Why is it that the collector is not connected to the center tap (but somewhere below/above)?
What is the variable capacitor's job?
Why are the inductors (of the output transformer) not the same size? Does this just mean that the transformer has a ratio of x:1?
Why is there a capacitor connected to Vcc? Is it to prevent the signal from going to the source, Vcc?

I am sorry for the long list of questions but I have tried to search for IF amps and this is the simplest of the circuits that I could find, yet I am not able to understand some of it. Thank you for reading.

EDIT: Thank you for the title rename...

 

[vk6kro]

No these won't work as IF amplifiers in a receiver. They don't have any bias resistors, so they would be very insensitive as IF amplifiers.
Not difficult to arrange, but, as shown, they wouldn't work properly.

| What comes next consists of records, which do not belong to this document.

-- ===== src/ChanGroup/Marks.antt =====
-- driver.go: which connections processNewValue marks for a reset.
use hotload.Prelude.{
  ℕ, ◌≡◌, refl, ◌∙◌, ap, String, Bool, true, false, Option, none, some, List, [], ◌∷◌, arith, inl,
  inr, str_eq, Bool-cases, if◌then◌else◌, ◌==◌,
}
use hotload.State.{State}
use hotload.Conn.{close, close_conn, set_reset}
use hotload.ChanGroup.{
  OldInfo, call_cancel, update_metrics, reset_and_close_all, close_all, reset_all, retire,
  process_new_value,
}
use hotload.ChanGroup.Change.{process_new_value-same, process_new_value-changed, old_info, switched}

-- The mark of a connection, once those of a list are marked: `b` is what it was.
unfoldable pub marks : List ℕ → ℕ → Bool → Bool
marks [] i b = b
marks (c ∷ cs) i b = if c == i then true else marks cs i b

marks-true : (cs : List ℕ) (i : ℕ) → marks cs i true ≡ true
unfolding marks
marks-true [] i = refl
marks-true (c ∷ cs) i = ground (arith, marks-true cs i)

marks-first :
    (c : ℕ) (cs : List ℕ) (i : ℕ) (b : Bool)
    → marks cs i (if c == i then true else b) ≡ (if c == i then true else marks cs i b)
marks-first c cs i b = elim (Bool-cases (c == i)) [
  | inl e ↦ rw e (marks-true cs i)
  | inr e ↦ rw e refl
]

call_cancel-reset :
    (s : State) (o : Option ℕ) (i : ℕ) → ((call_cancel s o).heap i).reset ≡ (s.heap i).reset
unfolding call_cancel
call_cancel-reset s none i = refl
call_cancel-reset s (some y) i = refl

close-reset : (s : State) (c i : ℕ) → (((close s c).0).heap i).reset ≡ (s.heap i).reset
unfolding close close_conn
close-reset s c i = ground arith

set_reset-reset :
    (s : State) (c i : ℕ)
    → ((set_reset s c true).heap i).reset ≡ (if c == i then true else (s.heap i).reset)
unfolding set_reset
set_reset-reset s c i = ground arith

close_all-reset :
    (s : State) (cs : List ℕ) (i : ℕ) → ((close_all s cs).heap i).reset ≡ (s.heap i).reset
unfolding close_all
close_all-reset s [] i = refl
close_all-reset s (c ∷ cs) i = close_all-reset (close s c).0 cs i ∙ close-reset s c i

reset_all-reset :
    (s : State) (cs : List ℕ) (i : ℕ)
    → ((reset_all s cs).heap i).reset ≡ marks cs i (s.heap i).reset
unfolding reset_all marks
reset_all-reset s [] i = refl
reset_all-reset s (c ∷ cs) i =
    reset_all-reset (set_reset s c true) cs i
    ∙ ap (marks cs i) (set_reset-reset s c i)
    ∙ marks-first c cs i (s.heap i).reset

reset_and_close_all-reset :
    (s : State) (cs : List ℕ) (i : ℕ)
    → ((reset_and_close_all s cs).heap i).reset ≡ marks cs i (s.heap i).reset
unfolding reset_and_close_all marks
reset_and_close_all-reset s [] i = refl
reset_and_close_all-reset s (c ∷ cs) i =
    reset_and_close_all-reset (close (set_reset s c true) c).0 cs i
    ∙ ap (marks cs i) (close-reset (set_reset s c true) c i ∙ set_reset-reset s c i)
    ∙ marks-first c cs i (s.heap i).reset

retire_branch-reset :
    (b : Bool) (s : State) (prev : OldInfo) (i : ℕ)
    → let t =
        if b
        then reset_and_close_all (call_cancel s prev.prev_cancel) prev.prev_conns
        else reset_all
            (close_all (call_cancel s prev.prev_prev_cancel) prev.prev_prev_conns)
            prev.prev_conns in
      (t.heap i).reset ≡ marks prev.prev_conns i (s.heap i).reset
retire_branch-reset true s prev i =
    reset_and_close_all-reset (call_cancel s prev.prev_cancel) prev.prev_conns i
    ∙ ap (marks prev.prev_conns i) (call_cancel-reset s prev.prev_cancel i)
retire_branch-reset false s prev i =
    let t = call_cancel s prev.prev_prev_cancel in
    reset_all-reset (close_all t prev.prev_prev_conns) prev.prev_conns i
    ∙ ap (marks prev.prev_conns i)
        (close_all-reset t prev.prev_prev_conns i ∙ call_cancel-reset s prev.prev_prev_cancel i)

retire-reset :
    (s : State) (prev : OldInfo) (i : ℕ)
    → ((retire s prev).heap i).reset ≡ marks prev.prev_conns i (s.heap i).reset
unfolding retire
retire-reset s prev i = retire_branch-reset s.group.force_kill s prev i

-- For a value that differs, with forceKill or without, the connections that were in the group are
-- marked and no other mark moves.
pub process_new_value-marks :
    (s : State) (v redacted : String) (time i : ℕ)
    → ((process_new_value s v redacted time).heap i).reset ≡ (
        if str_eq v s.group.value then (s.heap i).reset else marks s.group.conns i (s.heap i).reset)
unfolding update_metrics
process_new_value-marks s v redacted time i = elim (Bool-cases (str_eq v s.group.value)) [
  | inl e ↦ rw (process_new_value-same s v redacted time e, e) refl
  | inr e ↦
      rw (process_new_value-changed s v redacted time e, e)
        (retire-reset (update_metrics (switched s v redacted) time) (old_info s) i)
]
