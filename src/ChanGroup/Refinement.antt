-- ===== src/ChanGroup/Refinement.antt =====
-- processNewValue, run alone, is the moves of runLoop in a row.
use hotload.Prelude.{
  ℕ, zero, suc, ◌≡◌, refl, sym, ◌∙◌, ap, String, Bool, true, false, inl, inr, Option, some, none,
  List, [], ◌∷◌, ◌++◌, map, length, str_eq, Bool-cases, if◌then◌else◌,
}
use hotload.State.{State}
use hotload.Dsn.{UrlLib}
use hotload.ChanGroup.{
  OldInfo, call_cancel, update_metrics, reset_and_close_all, close_all, reset_all, retire,
  process_new_value,
}
use hotload.ChanGroup.Steps.{
  Action, perform, perform_all, cancel_action, kill_actions, actions, reset_conn, close_conn,
  Running, Move, receives, acts, step, run,
}
use hotload.ChanGroup.Marks.{marks, process_new_value-marks}
use hotload.ChanGroup.Change.{
  receive-same, receive-changed, process_new_value-same, process_new_value-changed, old_info,
  switched,
}

perform_all-append :
    (s : State) (xs ys : List Action) → perform_all s (xs ++ ys) ≡ perform_all (perform_all s xs) ys
unfolding perform_all
perform_all-append s [] ys = refl
perform_all-append s (x ∷ xs) ys = perform_all-append (perform s x) xs ys

cancel_action-perform :
    (s : State) (o : Option ℕ) → perform_all s (cancel_action o) ≡ call_cancel s o
unfolding perform_all perform
cancel_action-perform s none = refl
cancel_action-perform s (some x) = refl

kill_actions-perform :
    (s : State) (cs : List ℕ) → perform_all s (kill_actions cs) ≡ reset_and_close_all s cs
unfolding perform_all perform reset_and_close_all
kill_actions-perform s [] = refl
kill_actions-perform s (c ∷ cs) =
    kill_actions-perform (perform (perform s (reset_conn c)) (close_conn c)) cs

close_all-perform : (s : State) (cs : List ℕ) → perform_all s (map close_conn cs) ≡ close_all s cs
unfolding perform_all perform close_all
close_all-perform s [] = refl
close_all-perform s (c ∷ cs) = close_all-perform (perform s (close_conn c)) cs

reset_all-perform : (s : State) (cs : List ℕ) → perform_all s (map reset_conn cs) ≡ reset_all s cs
unfolding perform_all perform reset_all
reset_all-perform s [] = refl
reset_all-perform s (c ∷ cs) = reset_all-perform (perform s (reset_conn c)) cs

-- The two branches of `retire`, at any value of the test.
retire_branch :
    (b : Bool) (s : State) (prev : OldInfo)
    → perform_all s (actions b prev) ≡ (
        if b
        then reset_and_close_all (call_cancel s prev.prev_cancel) prev.prev_conns
        else reset_all
            (close_all (call_cancel s prev.prev_prev_cancel) prev.prev_prev_conns)
            prev.prev_conns)
unfolding actions
retire_branch true s prev =
    rw (perform_all-append, cancel_action-perform) (kill_actions-perform _ prev.prev_conns)
retire_branch false s prev =
    rw (perform_all-append, cancel_action-perform, perform_all-append, close_all-perform)
      (reset_all-perform _ prev.prev_conns)

retire-perform :
    (s : State) (prev : OldInfo) → perform_all s (actions s.group.force_kill prev) ≡ retire s prev
unfolding retire
retire-perform s prev = retire_branch s.group.force_kill s prev

abbrev pub repeated : ℕ → List Move
repeated zero = []
repeated (suc n) = acts ∷ repeated n

run-acts :
    (url : UrlLib) (s : State) (todo : List Action) (b : Bool)
    → run url (record { state = s; pending = todo; looping = b }) (repeated (length todo))
      ≡ record { state = perform_all s todo; pending = []; looping = b }
unfolding run step perform_all
run-acts url s [] b = refl
run-acts url s (a ∷ todo) b = run-acts url (perform s a) todo b

abbrev pub idle : State → Running
idle s = record { state = s; pending = []; looping = true }

to_process_new_value :
    (url : UrlLib) (s : State) (v redacted : String) (now : ℕ)
    → (k : ℕ) × (run url (idle s) (receives v redacted now ∷ repeated k)
        ≡ idle (process_new_value s v redacted now))
unfolding run step update_metrics
to_process_new_value url s v redacted now = elim (Bool-cases (str_eq v s.group.value)) [
  | inl same ↦ (
    0,
    receive-same (idle s) v redacted now same
        ∙ ap idle (sym (process_new_value-same s v redacted now same)),
  )
  | inr new ↦
      let after = update_metrics (switched s v redacted) now in
      let todo = actions s.group.force_kill (old_info s) in
      (
        length todo,
        ap (λ r. run url r (repeated (length todo))) (receive-changed (idle s) v redacted now new)
            ∙ run-acts url after todo true
            ∙ ap idle (retire-perform after (old_info s))
            ∙ ap idle (sym (process_new_value-changed s v redacted now new)),
      )
]

-- The moves of runLoop for one value, with nobody in between, end with nothing pending and in the
-- state of processNewValue, and what they marked for a reset is described apart from both: for the
-- value that the group has, no mark moves; for another, with forceKill or without, the connections
-- that the group had before are marked and every other connection has the mark that it had.
pub run-process_new_value :
    (url : UrlLib) (s : State) (v redacted : String) (now : ℕ)
    → (k : ℕ) × (let r = run url (idle s) (receives v redacted now ∷ repeated k) in
        (r ≡ idle (process_new_value s v redacted now))
        × ((i : ℕ)
            → (r.state.heap i).reset ≡ (
                if str_eq v s.group.value
                then (s.heap i).reset
                else marks s.group.conns i (s.heap i).reset)))
run-process_new_value url s v redacted now =
    let (k, e) = to_process_new_value url s v redacted now in
    (k, (e, λ i. ap (λ r. (r.state.heap i).reset) e ∙ process_new_value-marks s v redacted now i))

The tapping positions and transformer ratios depend on the impedances that are connected to the transformer.

The variable capacitor is used to tune a winding of the transformer to resonance. It is intended to pass a narrow range of frequencies and reject other frequencies.

The capacitor at Vcc is a bypass capacitor. This does more than stop signal going along the power supply line.
It is a return path to ground for the output of the amplifier and essential for the amplifier to work properly.
It is just as important for an amplifier as a complete circuit is for a flashlight.

 

[perplexabot]

No these won't work as IF amplifiers in a receiver. They don't have any bias resistors, so they would be very insensitive as IF amplifiers.
Not difficult to arrange, but, as shown, they wouldn't work properly.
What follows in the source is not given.